-- ===== src/Wallet.antt =====
-- src/wallet/wallet.service.ts: what the guardian signs. The ABI coder, the hash and the key are of
-- the ethers libraries, outside the daemon.
pub mod Signing
pub mod Account
use lidofinance_lido_council.Shared.{
  ℕ, String, Bool, Option, none, some, List, [], ◌∷◌, str_eq, leb, if◌then◌else◌,
}
use lidofinance_lido_council.Contracts.{Signature}

pub data AbiType : Type 0 where
  bytes32 uint256 : AbiType

pub data AbiValue : Type 0 where
  text : String → AbiValue
  number : ℕ → AbiValue

pub record Wallet : Type 0 where
  pub address : String
  pub encode : List AbiType → List AbiValue → String
  pub keccak256 : String → String
  pub sign_digest : String → Signature

pub record SignDepositDataParams : Type 0 where
  pub prefix : String
  pub block_number : ℕ
  pub block_hash : String
  pub deposit_root : String
  pub keys_op_index : ℕ
  pub staking_module_id : ℕ

pub record SignPauseDataParams : Type 0 where
  pub prefix : String
  pub block_number : ℕ
  pub staking_module_id : ℕ

abbrev pub deposit_types : List AbiType
deposit_types = bytes32 ∷ uint256 ∷ bytes32 ∷ bytes32 ∷ uint256 ∷ uint256 ∷ []

abbrev pub deposit_values : SignDepositDataParams → List AbiValue
deposit_values p =
    text p.prefix
    ∷ number p.block_number
    ∷ text p.block_hash
    ∷ text p.deposit_root
    ∷ number p.staking_module_id
    ∷ number p.keys_op_index
    ∷ []

abbrev pub pause_types : List AbiType
pause_types = bytes32 ∷ uint256 ∷ uint256 ∷ []

abbrev pub pause_values : SignPauseDataParams → List AbiValue
pause_values p = text p.prefix ∷ number p.block_number ∷ number p.staking_module_id ∷ []

module _ (wallet : Wallet) where
  unfoldable pub sign_message : String → Signature
  sign_message = wallet.sign_digest

  unfoldable pub sign_deposit_data : SignDepositDataParams → Signature
  unfolding sign_message
  sign_deposit_data params =
      sign_message (wallet.keccak256 (wallet.encode deposit_types (deposit_values params)))

  unfoldable pub sign_pause_data : SignPauseDataParams → Signature
  unfolding sign_message
  sign_pause_data params =
      sign_message (wallet.keccak256 (wallet.encode pause_types (pause_values params)))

----

#### PROBLEM TO WORK ON
Each line of the records must be reproduced exactly.

#### TASK OUTPUT
-- ===== src/Wallet.antt =====
-- src/wallet/wallet.service.ts: what the guardian signs. The ABI coder, the hash and the key are of
-- the ethers libraries, outside the daemon.
pub mod Signing
pub mod Account
use lidofinance_lido_council.Shared.{
  ℕ, String, Bool, Option, none, some, List, [], ◌∷◌, str_eq, leb, if◌then◌else◌,
}
use lidofinance_lido_council.Contracts.{Signature}

pub data AbiType : Type 0 where
  bytes32 uint256 : AbiType

pub data AbiValue : Type 0 where
  text : String → AbiValue
  number : ℕ → AbiValue

pub record Wallet : Type 0 where
  pub address : String
  pub encode : List AbiType → List AbiValue → String
  pub keccak256 : String → String
  pub sign_digest : String → Signature

pub record SignDepositDataParams : Type 0 where
  pub prefix : String
  pub block_number : ℕ
  pub block_hash : String
  pub deposit_root : String
  pub keys_op_index : ℕ
  pub staking_module_id : ℕ

pub record SignPauseDataParams : Type 0 where
  pub prefix : String
  pub block_number : ℕ
  pub staking_module_id : ℕ

abbrev pub deposit_types : List AbiType
deposit_types = bytes32 ∷ uint256 ∷ bytes32 ∷ bytes32 ∷ uint256 ∷ uint256 ∷ []

abbrev pub deposit_values : SignDepositDataParams → List AbiValue
deposit_values p =
    text p.prefix
    ∷ number p.block_number
    ∷ text p.block_hash
    ∷ text p.deposit_root
    ∷ number p.staking_module_id
    ∷ number p.keys_op_index
    ∷ []

abbrev pub pause_types : List AbiType
pause_types = bytes32 ∷ uint256 ∷ uint256 ∷ []

abbrev pub pause_values : SignPauseDataParams → List AbiValue
pause_values p = text p.prefix ∷ number p.block_number ∷ number p.staking_module_id ∷ []

module _ (wallet : Wallet) where
  unfoldable pub sign_message : String → Signature
  sign_message = wallet.sign_digest

  unfoldable pub sign_deposit_data : SignDepositDataParams → Signature
  unfolding sign_message
  sign_deposit_data params =
      sign_message (wallet.keccak256 (wallet.encode deposit_types (deposit_values params)))

  unfoldable pub sign_pause_data : SignPauseDataParams → Signature
  unfolding sign_message
  sign_pause_data params =
      sign_message (wallet.keccak256 (wallet.encode pause_types (pause_values params)))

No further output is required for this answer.